Spark - How to parse a Kafka topic which contains data in the form of nested json?

I am trying to read a kafka topic and stream it to my sink. To read the data, I wrote the following code.
topic data in json:

{
"HiveData": {
"Tablename": "HiveTablename1",
"Rowcount": "3213423",
"lastupdateddate": "2021-02-24 13:04:14"
},
"HbaseData": [
{
"Tablename": "HbaseTablename1",
"Rowcount": "23543",
"precision_column":"debit_rate"
"lastupdateddate": "2021-02-23 12:03:11"
}
],
"PostgresData": [
{
"Tablename": "PostgresTablename1",
"Rowcount": "23454345",
"lastupdateddate": "2021-02-23 12:03:11"
}
]
}

Below is the code I wrote for parsing the topic:

def streamData(): DataFrame = {
    val kafkaDF = spark.readStream.format("kafka")
      .option("kafka.bootstrap.servers", "server:port")
      .option("subscribe", "topic_name")
      .load()

    val df:DataFrame = kafkaDF.select(col("topic"), expr("cast (value as String) as data"))
    df.select(from_json(col("data"), schema).as("data"))
      .selectExpr("data.hive_schema.tablename")
      .writeStream
      .format("console")
      .option("truncate", value = false)
      .outputMode("append")
      .start()
      .awaitTermination()
}

Breaking down the code:
If I take just this part of line and run it, I can see data.

kafkaDF.select(col("topic"), expr("cast (value as String) as data"))

Output:

    -------------------------------------------
    Batch: 1
    -------------------------------------------
    +------------+----------------------------+
    |topic       |          data              |
    +------------+----------------------------+
    |topic_name  |{"HiveData":.............|

To parse the nested json value present in the column data, I created a schema in Scala and used it in the writeStream statement to print the data to console as below:

val schema = new StructType()
		.add("HiveData", new StructType()
			.add("Tablename", StringType)
			.add("Rowcount", StringType)
			.add("lastupdateddate", StringType)
		)
		.add("HbaseData", new StructType()
			.add("Tablename", StringType)
			.add("Rowcount", StringType)
			.add("precision_column", StringType)
			.add("lastupdateddate", StringType)
		)
		.add("PostgresData", new StructType()
			.add("Tablename", StringType)
			.add("Rowcount", StringType)
			.add("lastupdateddate", StringType)
			.add("column", StringType)
		)
df.select(from_json(col("data"), schema).as("data"))
      .selectExpr("data.Hive_Data.tablename")
      .writeStream
      .format("console")
      .option("truncate", value = false)
      .outputMode("append")
      .start()
      .awaitTermination()

But after applying the nested schema on the column Data, I am seeing the output as null

-------------------------------------------
Batch: 2
-------------------------------------------
+-------------------+
|tablename          |
+-------------------+
|null               |
|null               |
|null               |
|null               |
|null               |
|null               |
|null               |
|null               |
|null               |
|null               |
|null               |
|null               |
|null               |
|null               |
|null               |
|null               |
|null               |
|null               |
|null               |
|null               |
+-------------------+

In the nested json, there are three elements: HiveData, HBaseData, PostgresData which I am trying to put them into three seperate dataframes.

To test my logic, I tried to pull the data from only one of the element, in this case, HiveData and write it to my console to check if my logic is correct or not.

But it looks like the way I am creating the schema and applying it on the topic is not correct and hence it is writing null when I try to check the output.

Could anyone let me know what is the mistake I did here and how to correct it ?

Are you using Kafka Connect for this?

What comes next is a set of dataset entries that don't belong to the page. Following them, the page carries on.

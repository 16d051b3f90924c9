-- ===== src/RxBackend/Normal.antt =====
-- Every received block fits its header.
use soapy_sidekiq.Base.{
  ℕ, ◌+◌, ◌-◌, ◌*◌, ◌%◌, ◌≡◌, ◌==◌, ◌⊎◌, Bool, true, false, not, ◌&&◌, List, ◌∷◌, [], length, ltb,
  none, some,
}
use soapy_sidekiq.Base.Int.{pos, eqb_ℤ}
use soapy_sidekiq.RxSession.{RxReceiveStatus, success, no_data, overrun, RxReceiveResult}
use soapy_sidekiq.RxBackend.{SdkBlock, SdkReceive, SdkCodes, without_samples}

-- The samples of the driver are those of the SDK from an index of its array on, in order.
abbrev pub AreFrom : (ℕ → ℕ) → ℕ → List ℕ → Type 0
AreFrom data_at i [] = Unit
AreFrom data_at i (x ∷ xs) = (x ≡ data_at i) × AreFrom data_at (i + 1) xs

-- The SDK reports success with a block of whole pairs behind a whole header.
abbrev pub is_whole : SdkCodes → SdkReceive → Bool
is_whole codes r =
    eqb_ℤ r.status (pos 0)
    && not (ltb r.byte_length codes.header_size)
    && (r.byte_length - codes.header_size) % 4 == 0

-- A block that the driver passes on.
pub record IsComplete (codes : SdkCodes) (r : SdkReceive) (x : RxReceiveResult) : Type 0 where
  pub block : SdkBlock
  pub received : r.block ≡ some block
  pub whole_block : is_whole codes r ≡ true
  pub success_status : x.status ≡ success
  pub same_handle : x.handle ≡ r.handle
  -- Four bytes a pair, and nothing left over.
  pub whole : codes.header_size + 2 * length x.samples ≡ r.byte_length
  pub pairs : length x.samples % 2 ≡ 0
  pub same_samples : AreFrom block.data_at 0 x.samples
  pub same_rf_timestamp : x.rf_timestamp ≡ block.rf_timestamp
  pub same_system_timestamp : x.system_timestamp ≡ block.sys_timestamp
  pub no_error : x.error_code ≡ pos 0

-- A result without samples, and why: the SDK has no data, or lost some, or what it gave is not a whole
-- block, which is an error with the SDK's status or, where that is a success, the code of -EINVAL.
pub data IsEmpty (codes : SdkCodes) (r : SdkReceive) (x : RxReceiveResult) : Type 0 where
  idle : r.status ≡ codes.no_data_status → x ≡ without_samples no_data (pos 0) → IsEmpty codes r x
  lost : r.status ≡ codes.overrun_status → x ≡ without_samples overrun (pos 0) → IsEmpty codes r x
  failed :
      x ≡ without_samples RxReceiveStatus.error r.status
      → eqb_ℤ r.status (pos 0) ≡ false
      → IsEmpty codes r x
  malformed :
      x ≡ without_samples RxReceiveStatus.error codes.invalid
      → r.status ≡ pos 0
      → (r.block ≡ none) ⊎ (is_whole codes r ≡ false)
      → IsEmpty codes r x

Usually that’s how people stream data from Kafka topic to targets like Postgres. If this is a Spark question then perhaps #clients might be a better place to move this topic to. If you can clarify this I can do that for you.

@Rmoff, I have updated the question with better explanation. Yes this is a question of Kafka + Spark Streaming. Could you please move this question to to corresponding section (#clients ).

Thanks for the help.

This topic was automatically closed 30 days after the last reply. New replies are no longer allowed.